# Contador con 74192 y diplay HEX



## Leinhart (Oct 22, 2007)

buenas!, si me pueden ayudar tengo unas dudas.

Mi nivel es muy principiante en estos circuitos pero necesito conocimiento básico por lo que estoy intentando progresar.

Ya hice este especie de contador con un pulsador, un 74192 y un hex display decodificado, así hecho andar el contador.

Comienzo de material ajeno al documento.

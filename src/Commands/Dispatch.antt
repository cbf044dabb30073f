-- ===== src/Commands/Dispatch.antt =====
-- `CommandTable::dispatch` of src/commands.cpp.
use redis_plus.Prelude.{
  Bool, true, false, ◌&&◌, ◌||◌, Option, none, some, [], ◌∷◌, Bytes, codes, beq, if◌then◌else◌,
  has_value,
}
use redis_plus.Resp.Reply
use redis_plus.Store.{Store}
use redis_plus.Commands.Base.{Args, CommandResult, Outcome, replied, upper}
use redis_plus.Commands.Set.{cmd_set}
use redis_plus.Commands.Keyspace.{
  cmd_ping, cmd_echo, cmd_get, cmd_del, cmd_exists, cmd_type, cmd_keys, cmd_expire, cmd_ttl,
  cmd_persist, cmd_config, cmd_dbsize, cmd_flushall,
}
use redis_plus.Commands.Verb.{
  Verb, ping, echo, set, get, del, exists, type, keys, expire, pexpire, expireat, pexpireat, ttl,
  pttl, persist, config, dbsize, flushall, command, select, quit, verb_of, is_write_command,
}
use redis_plus.Commands.Ops.{Link, PersistenceOps, ReplicationOps, World, Dispatched, answer}
use redis_plus.Commands.Admin.{replconf, psync, replicaof, other_verb}

-- The commands that touch the store alone.
unfoldable pub run_verb : Verb → Args → Store → Option Outcome
run_verb ping a s = some (replied (cmd_ping a), s)
run_verb echo a s = some (replied (cmd_echo a), s)
run_verb set a s = some (cmd_set a s)
run_verb get a s = some (cmd_get a s)
run_verb del a s = some (cmd_del a s)
run_verb exists a s = some (cmd_exists a s)
run_verb type a s = some (cmd_type a s)
run_verb keys a s = some (cmd_keys a s)
run_verb expire a s = some (cmd_expire true false (codes "expire") a s)
run_verb pexpire a s = some (cmd_expire false false (codes "pexpire") a s)
run_verb expireat a s = some (cmd_expire true true (codes "expireat") a s)
run_verb pexpireat a s = some (cmd_expire false true (codes "pexpireat") a s)
run_verb ttl a s = some (cmd_ttl true (codes "ttl") a s)
run_verb pttl a s = some (cmd_ttl false (codes "pttl") a s)
run_verb persist a s = some (cmd_persist a s)
run_verb config a s = some (replied (cmd_config a), s)
run_verb dbsize a s = some (replied (cmd_dbsize a s), s)
run_verb flushall a s = some (cmd_flushall a s)
run_verb command a s = some (replied Reply.empty_array, s)
run_verb select a s = some (replied Reply.ok, s)
run_verb quit a s = some (replied Reply.ok, s)
run_verb _ a s = none

-- `if (result.dirty && result.propagate.empty()) result.propagate = args;`
abbrev pub or_original : Args → CommandResult → CommandResult
or_original args r = elim r.propagate [
  | [] ↦ if r.dirty then record r { propagate = args } else r
  | _ ∷ _ ↦ r
]

module _ {P R : Type 0} (pops : PersistenceOps P) (rops : ReplicationOps R) where
  -- the chain of commands behind those of replication
  unfoldable pub run : Verb → Bytes → Args → World P R → Dispatched P R
  run verb name rest w = elim (run_verb verb (name ∷ rest) w.store) [
    | none ↦ other_verb pops rops verb name rest w
    | some (r, s) ↦ (or_original (name ∷ rest) r, record w { store = s })
  ]

  -- a client of a replica may not write; the master's own stream has no link
  unfoldable pub is_refused : Bytes → Link → World P R → Bool
  is_refused name link w =
      has_value link
      && elim w.replication [ none ↦ false | some r ↦ rops.is_replica r ]
      && is_write_command name

  unfoldable pub dispatch : Args → Link → World P R → Dispatched P R
  unfolding run is_refused
  dispatch [] link w = (replied [], w)
  dispatch (a ∷ rest) link w =
      let name = upper a in
      if is_refused name link w
      then answer (Reply.error (codes "READONLY You can't write against a read only replica.")) w
      else if beq name (codes "REPLCONF")
      then replconf pops rops rest link w
      else if beq name (codes "PSYNC")
      then psync pops rops link w
      else if beq name (codes "REPLICAOF") || beq name (codes "SLAVEOF")
      then replicaof pops rops rest w
      else run (verb_of name) a rest w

Lo que quiero hacer ahora, es como hacer que ese contador, en lugar de que avance automaticamente, lo haga manualmente con un switch asi como:
pulsas -> 1 -> pulsas -> 2 -> pulsas -> 3

Reitero que mis conocimientos son muy principiantes, asi que cualquier ayuda es muy agradecida.

Dibujo, en caso de:








			
				Apollo dijo:
			
		

> Mensaje reubicado, El ´titulo del mensaje no puede contener "Ayuda", "Principiante", "Urgente", etc... Título editado


----------



## electroaficionado (Oct 22, 2007)

Si el contador avanza automaticamente es uqe esta el 555 como astable y no como monostable.
Puedes poner el 555 como monostable en vez de astable (en la parte de tutoriales esta como)
Si utilizas un pulsador directamente corres el riesgo de que los rebotes te hagan saltearte numeros. Sino puedes hacer un Schmidt Trigger con un transistor y un par de capacitores. 
En internet hay mucha información sobre ellos.
Saludos.


----------



## rodolphyllo (Dic 30, 2009)

Estoy tratando de hacer un contador de objetos, los cuales al pasar por un sensor infrarrojo me aumenten la cantidad en un display de 7 segmentos.
Me estoy basando en este circuito para hacerlo
https://www.forosdeelectronica.com/f25/contador-74192-diplay-hex-10391/
solo que en vez de el generador de pulsos pretendo utilizar sensor infrarrojo y pasar la señal por una 74ls14 para despues meterla como pulso a la 192.
Hecho de la anterior manera no me sale puesto que no me cuenta ni ascendente ni descendente.
Quisiera por favor solicitar su ayuda para ver si me pueden orientar para ver que debo hacer para que mi circuito cuente bien cuando un objeto pasa por el sensor.
Los infrarrojos funcionan bien puesto que la señal que va del fototransistor a la 74ls14 hace que un led prenda y apague al pasar un objeto por el led infrarrojo, y ala vez mando este pulso a la pata 5 de la 192, solo que mi display de 7 segmentos no aumenta
Muchas gracias de antemano por su ayuda

YA ME SALIO!!!! solo necesitaba conectar la pata 14 a tierra para que el circuito contara ascendente y decendente 
ahora mi duda es, quiero que cada vez que el sensor detecte un objeto, active un motor por unos 3 segundos aprox, y que al terminar estos 3 segundos invierta la polaridad del motor y este gire al lado opuesto, esto esta un poco mas complicado pero espero me puedan ayuadar
GRACIAS


----------



## elreya (Dic 30, 2009)

buenas Leinhart eso es muy sensillo aca te abjuntos el circuito como creo que lo quieres cualquier cosa me avisas por aqui y si deseas que te cuente hasta un numero determinado solo tienes que hacer un pequeño arreglo de compuertas,... cualquier cosa me avisas!!


----------